XYZ_coords = np.stack(XYZ_coords)

Investigating the coordinates "deciles":

for ix in range(XYZ_coords.shape[-1]):
    print(np.quantile(XYZ_coords[:, ix], np.linspace(.01, .99, 11)).round(1))

# [-160.3  -14.8   -7.8   -5.    -2.5    0.     2.5    5.     7.8   14.8   160.3]
# [-0. -0. -0.  0.  0.  0.  0.  0.  0.  0.  0.]
# [-81.1  -7.4  -3.9  -2.5  -1.3  -0.    1.2   2.5   3.9   7.4  79.7]

I plot the depth information below, and it is noticed the symmetry on the x-axis of the plot, and that the maximum values are concentrated at half of the image. Is it an expected behavior?

fig, axs = plt.subplots(2, 3, figsize=(16, 10), squeeze=False)
[a.set_axis_off() for a in axs.ravel()]

# Tight the coordinates values for better visualization
q_margin = 0.05
XYZ_coords_tidy = XYZ_coords.copy()
XYZ_coords_tidy[..., 0] = np.clip(XYZ_coords[..., 0], *np.quantile(XYZ_coords[..., 0], (q_margin, 1 - q_margin)))
XYZ_coords_tidy[..., 2] = np.clip(XYZ_coords[..., 2], *np.quantile(XYZ_coords[..., 2], (q_margin, 1 - q_margin)))

im_cur_depth = XYZ_coords_tidy[..., 0].reshape((im_h, im_w))[..., None].copy()
im_cur_depth = (im_cur_depth - im_cur_depth.min()) / (im_cur_depth.max() - im_cur_depth.min())
im_cur_overlap = im_cur * .5 + im_cur_depth * .5

axs[0, 0].imshow(im_cur)
axs[0, 1].imshow(im_cur_depth, cmap='gray')
axs[0, 2].imshow(im_cur_overlap)

im_cur_yaxis = XYZ_coords_tidy[..., 2].reshape((im_h, im_w))[..., None].copy()
im_cur_yaxis = (im_cur_yaxis - im_cur_yaxis.min()) / (im_cur_yaxis.max() - im_cur_yaxis.min())
im_cur_overlap = im_cur * .5 + im_cur_yaxis * .5

axs[1, 1].imshow(im_cur_yaxis, cmap='gray')
axs[1, 2].imshow(im_cur_overlap)

image

System information:

CARLA - 0.9.13
Ubuntu - 20.04

Hi @tldrafael , from your code it seems like you converted all u,v coordinates to XYZ coordinates with the CameraGeometry object. However this is not intended use of the CameraGeometry object. The conversion to XYZ only works for u,v coordinates that correspond to the road. Maybe read the derivation in the book again to see why.

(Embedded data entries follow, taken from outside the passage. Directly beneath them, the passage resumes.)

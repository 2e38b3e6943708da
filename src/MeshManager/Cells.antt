-- ===== src/MeshManager/Cells.antt =====
-- The indices of the plane and the box of graphics/src/MeshManager.cc.
use ign_common.Common.{ℕ, Bool, if◌then◌else◌}
use ign_common.Mesh.SubMesh.{SubMesh}

-- The number of sides.
abbrev pub sides : Bool → ℕ
sides double_sided = if double_sided then 2 else 1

Thank you for your reply @thomasfermi. Yes, I converted all (u, v) coords to XYZ. I see that the only correct XYZ coords would be the ones that the (u,v) belong to the road because of the assumptions of height=0 and planer road. However, the XYZ values seem awkward. It happens with different camera settings. For example, another image below with the depth information:

image

I also checked your notebook InversePerspectiveMapping.ipynb. If you see the distribution from the y_arr (the depth on the ISO8855. This "symmetry problem" also happens there.